◆ **WHAT YOU ARE ASKED TO DO**
Through the line that contains "-- The types", return the data below exactly, starting at its first line; leave the rest out.

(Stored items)

- - - - -

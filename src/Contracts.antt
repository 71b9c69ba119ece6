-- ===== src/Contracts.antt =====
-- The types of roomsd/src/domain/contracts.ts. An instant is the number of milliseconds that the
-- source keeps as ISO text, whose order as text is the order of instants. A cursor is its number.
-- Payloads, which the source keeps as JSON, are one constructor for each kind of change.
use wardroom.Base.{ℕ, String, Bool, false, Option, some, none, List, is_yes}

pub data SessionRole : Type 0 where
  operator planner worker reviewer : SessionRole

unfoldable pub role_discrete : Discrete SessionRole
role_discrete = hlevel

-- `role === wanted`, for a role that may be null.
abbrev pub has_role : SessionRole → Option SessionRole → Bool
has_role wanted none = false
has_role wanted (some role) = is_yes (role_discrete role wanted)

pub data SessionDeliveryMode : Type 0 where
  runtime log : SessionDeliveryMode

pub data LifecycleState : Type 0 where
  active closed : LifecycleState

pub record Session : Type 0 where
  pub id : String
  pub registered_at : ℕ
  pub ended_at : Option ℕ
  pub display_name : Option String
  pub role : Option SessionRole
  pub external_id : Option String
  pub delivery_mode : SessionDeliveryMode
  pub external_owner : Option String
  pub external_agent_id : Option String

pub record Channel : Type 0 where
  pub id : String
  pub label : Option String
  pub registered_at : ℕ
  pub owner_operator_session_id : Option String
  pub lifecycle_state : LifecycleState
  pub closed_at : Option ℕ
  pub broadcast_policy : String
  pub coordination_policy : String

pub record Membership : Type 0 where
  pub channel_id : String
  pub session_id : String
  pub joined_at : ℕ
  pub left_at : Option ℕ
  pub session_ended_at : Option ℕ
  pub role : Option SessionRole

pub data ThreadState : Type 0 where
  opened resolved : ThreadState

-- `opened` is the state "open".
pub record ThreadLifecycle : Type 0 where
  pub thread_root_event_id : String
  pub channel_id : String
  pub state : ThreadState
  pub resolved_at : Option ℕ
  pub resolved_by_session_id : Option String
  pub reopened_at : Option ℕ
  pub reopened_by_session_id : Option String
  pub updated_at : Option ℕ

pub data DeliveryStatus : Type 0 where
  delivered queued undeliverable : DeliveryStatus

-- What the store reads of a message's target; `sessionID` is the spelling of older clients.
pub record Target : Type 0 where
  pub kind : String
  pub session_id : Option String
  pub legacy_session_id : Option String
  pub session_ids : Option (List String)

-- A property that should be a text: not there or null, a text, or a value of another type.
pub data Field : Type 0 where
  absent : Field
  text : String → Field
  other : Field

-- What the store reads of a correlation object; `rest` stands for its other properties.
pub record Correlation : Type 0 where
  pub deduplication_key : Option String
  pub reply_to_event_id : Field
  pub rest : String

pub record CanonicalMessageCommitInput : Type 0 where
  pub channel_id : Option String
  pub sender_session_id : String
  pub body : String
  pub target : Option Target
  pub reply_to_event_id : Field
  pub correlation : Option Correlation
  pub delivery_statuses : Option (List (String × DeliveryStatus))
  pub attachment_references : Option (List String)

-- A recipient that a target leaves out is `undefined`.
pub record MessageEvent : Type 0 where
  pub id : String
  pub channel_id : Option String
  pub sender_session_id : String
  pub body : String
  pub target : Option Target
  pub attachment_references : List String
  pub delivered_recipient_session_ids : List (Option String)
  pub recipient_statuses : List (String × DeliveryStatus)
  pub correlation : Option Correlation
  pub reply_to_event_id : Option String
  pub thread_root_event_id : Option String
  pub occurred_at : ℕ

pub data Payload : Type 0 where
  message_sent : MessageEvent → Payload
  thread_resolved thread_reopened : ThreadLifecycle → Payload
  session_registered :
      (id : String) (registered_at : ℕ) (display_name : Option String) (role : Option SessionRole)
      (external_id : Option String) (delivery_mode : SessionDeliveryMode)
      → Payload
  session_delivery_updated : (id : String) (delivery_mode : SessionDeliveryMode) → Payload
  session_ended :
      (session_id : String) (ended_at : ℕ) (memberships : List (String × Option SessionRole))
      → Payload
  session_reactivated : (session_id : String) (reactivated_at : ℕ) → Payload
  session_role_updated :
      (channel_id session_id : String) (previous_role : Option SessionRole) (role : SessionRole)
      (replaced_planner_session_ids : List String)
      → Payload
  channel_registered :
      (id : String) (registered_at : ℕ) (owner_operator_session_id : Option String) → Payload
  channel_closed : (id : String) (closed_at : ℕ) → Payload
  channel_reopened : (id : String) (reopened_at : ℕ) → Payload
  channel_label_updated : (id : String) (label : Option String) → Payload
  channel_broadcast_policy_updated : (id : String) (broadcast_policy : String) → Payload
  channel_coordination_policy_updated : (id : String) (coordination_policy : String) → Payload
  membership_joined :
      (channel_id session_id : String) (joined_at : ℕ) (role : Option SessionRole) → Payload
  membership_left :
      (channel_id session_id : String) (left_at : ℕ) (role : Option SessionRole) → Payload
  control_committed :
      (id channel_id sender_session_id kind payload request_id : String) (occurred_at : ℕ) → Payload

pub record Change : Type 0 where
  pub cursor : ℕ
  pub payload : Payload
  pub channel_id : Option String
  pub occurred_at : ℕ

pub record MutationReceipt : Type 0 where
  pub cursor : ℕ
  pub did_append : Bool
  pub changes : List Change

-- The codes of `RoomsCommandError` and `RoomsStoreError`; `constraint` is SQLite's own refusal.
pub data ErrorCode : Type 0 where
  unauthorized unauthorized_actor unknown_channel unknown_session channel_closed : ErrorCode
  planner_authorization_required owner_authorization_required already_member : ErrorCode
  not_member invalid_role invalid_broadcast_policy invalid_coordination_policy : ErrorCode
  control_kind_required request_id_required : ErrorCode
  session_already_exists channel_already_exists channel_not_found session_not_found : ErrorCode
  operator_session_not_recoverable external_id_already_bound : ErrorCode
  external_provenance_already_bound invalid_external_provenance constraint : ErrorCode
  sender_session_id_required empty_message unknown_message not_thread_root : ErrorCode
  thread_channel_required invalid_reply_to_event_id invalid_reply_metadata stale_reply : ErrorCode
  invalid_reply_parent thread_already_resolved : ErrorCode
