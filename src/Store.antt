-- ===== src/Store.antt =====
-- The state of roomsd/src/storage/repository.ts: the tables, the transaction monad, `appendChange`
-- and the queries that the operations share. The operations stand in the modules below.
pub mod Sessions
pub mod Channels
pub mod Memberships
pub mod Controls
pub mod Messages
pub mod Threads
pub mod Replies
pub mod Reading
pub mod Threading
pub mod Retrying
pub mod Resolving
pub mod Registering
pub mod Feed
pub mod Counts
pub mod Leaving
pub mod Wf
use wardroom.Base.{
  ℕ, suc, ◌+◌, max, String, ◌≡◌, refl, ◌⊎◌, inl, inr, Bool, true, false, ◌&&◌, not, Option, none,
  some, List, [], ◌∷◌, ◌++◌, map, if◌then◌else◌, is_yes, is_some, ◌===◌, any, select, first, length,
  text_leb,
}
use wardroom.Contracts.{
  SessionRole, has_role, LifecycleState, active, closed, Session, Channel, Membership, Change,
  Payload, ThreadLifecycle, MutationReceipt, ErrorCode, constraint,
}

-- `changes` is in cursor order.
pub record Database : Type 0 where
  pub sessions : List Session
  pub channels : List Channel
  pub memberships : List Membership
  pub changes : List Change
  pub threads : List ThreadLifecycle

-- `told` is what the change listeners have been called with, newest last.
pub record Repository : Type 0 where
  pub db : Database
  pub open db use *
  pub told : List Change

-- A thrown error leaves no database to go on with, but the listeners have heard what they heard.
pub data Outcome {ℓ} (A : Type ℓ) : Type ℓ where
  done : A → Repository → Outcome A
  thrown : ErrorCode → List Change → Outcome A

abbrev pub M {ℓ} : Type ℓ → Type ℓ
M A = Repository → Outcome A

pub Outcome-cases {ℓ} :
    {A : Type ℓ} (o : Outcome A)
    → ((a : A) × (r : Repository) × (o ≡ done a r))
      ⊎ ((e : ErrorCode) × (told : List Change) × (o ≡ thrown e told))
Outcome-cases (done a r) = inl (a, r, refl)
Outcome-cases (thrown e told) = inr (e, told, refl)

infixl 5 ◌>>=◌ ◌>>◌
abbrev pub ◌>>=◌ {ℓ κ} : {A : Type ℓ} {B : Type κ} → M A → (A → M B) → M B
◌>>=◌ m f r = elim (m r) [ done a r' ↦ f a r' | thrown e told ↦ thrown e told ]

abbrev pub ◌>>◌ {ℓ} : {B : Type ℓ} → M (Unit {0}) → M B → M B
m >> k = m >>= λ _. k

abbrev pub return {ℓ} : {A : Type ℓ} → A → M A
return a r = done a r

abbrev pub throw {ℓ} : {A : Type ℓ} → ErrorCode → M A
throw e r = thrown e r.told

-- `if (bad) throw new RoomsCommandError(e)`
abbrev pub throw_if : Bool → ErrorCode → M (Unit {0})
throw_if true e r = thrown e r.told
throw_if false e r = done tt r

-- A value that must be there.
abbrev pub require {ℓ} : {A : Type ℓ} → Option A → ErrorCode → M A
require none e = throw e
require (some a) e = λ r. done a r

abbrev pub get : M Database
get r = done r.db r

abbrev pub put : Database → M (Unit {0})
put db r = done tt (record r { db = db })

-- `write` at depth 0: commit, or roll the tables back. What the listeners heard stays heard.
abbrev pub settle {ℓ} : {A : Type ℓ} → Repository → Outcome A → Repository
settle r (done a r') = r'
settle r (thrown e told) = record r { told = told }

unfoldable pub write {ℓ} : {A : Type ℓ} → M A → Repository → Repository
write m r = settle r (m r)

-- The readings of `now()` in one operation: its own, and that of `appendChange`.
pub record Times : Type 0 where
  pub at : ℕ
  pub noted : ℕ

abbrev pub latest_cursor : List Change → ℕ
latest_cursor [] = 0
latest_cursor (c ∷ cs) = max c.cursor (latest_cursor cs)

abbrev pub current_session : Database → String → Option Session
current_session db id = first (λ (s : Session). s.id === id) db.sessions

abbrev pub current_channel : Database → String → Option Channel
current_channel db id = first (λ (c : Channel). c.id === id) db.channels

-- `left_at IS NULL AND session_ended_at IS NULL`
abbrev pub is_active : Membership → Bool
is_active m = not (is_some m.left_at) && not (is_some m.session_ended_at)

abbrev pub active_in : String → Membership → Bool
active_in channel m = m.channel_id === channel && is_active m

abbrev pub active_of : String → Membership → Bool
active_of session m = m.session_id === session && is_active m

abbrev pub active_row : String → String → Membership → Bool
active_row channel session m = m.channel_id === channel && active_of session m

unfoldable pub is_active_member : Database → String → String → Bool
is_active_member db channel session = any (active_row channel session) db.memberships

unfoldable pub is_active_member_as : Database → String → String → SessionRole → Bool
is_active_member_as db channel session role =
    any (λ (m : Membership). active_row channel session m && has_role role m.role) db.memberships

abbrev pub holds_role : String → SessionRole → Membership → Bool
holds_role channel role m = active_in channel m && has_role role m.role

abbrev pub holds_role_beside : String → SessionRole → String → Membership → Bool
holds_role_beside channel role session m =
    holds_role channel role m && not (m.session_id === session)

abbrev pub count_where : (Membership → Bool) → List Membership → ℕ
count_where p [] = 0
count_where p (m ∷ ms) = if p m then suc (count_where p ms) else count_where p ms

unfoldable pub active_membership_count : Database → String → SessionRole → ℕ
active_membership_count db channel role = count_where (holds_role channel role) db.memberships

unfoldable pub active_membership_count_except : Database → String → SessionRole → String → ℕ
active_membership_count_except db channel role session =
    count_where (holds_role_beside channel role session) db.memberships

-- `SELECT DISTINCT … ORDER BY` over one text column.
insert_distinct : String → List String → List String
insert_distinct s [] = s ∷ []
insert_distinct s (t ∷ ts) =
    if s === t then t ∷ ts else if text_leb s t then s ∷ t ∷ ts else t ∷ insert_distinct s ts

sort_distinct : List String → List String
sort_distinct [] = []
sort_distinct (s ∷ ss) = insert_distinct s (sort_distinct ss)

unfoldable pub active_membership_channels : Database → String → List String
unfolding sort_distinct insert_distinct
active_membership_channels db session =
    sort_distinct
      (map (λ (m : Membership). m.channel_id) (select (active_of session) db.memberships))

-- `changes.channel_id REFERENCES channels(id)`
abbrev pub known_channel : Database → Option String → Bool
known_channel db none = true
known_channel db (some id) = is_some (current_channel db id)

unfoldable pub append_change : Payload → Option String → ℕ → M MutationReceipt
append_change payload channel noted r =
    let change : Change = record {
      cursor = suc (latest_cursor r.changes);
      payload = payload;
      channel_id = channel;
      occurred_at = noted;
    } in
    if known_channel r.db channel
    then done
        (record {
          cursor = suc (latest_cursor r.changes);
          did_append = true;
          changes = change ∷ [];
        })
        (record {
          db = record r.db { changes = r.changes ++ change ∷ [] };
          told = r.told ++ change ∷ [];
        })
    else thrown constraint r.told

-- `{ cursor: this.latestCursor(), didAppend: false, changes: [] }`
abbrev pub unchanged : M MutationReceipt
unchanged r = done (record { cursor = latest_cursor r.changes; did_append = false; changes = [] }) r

- - - - -

◆ **EXERCISE ANSWER**
filename src/Contracts.antt
repository 71b9c69ba119ece6
-- ===== src/Contracts.antt =====
-- The types of roomsd/src/domain/contracts.ts. An instant is the number of milliseconds that the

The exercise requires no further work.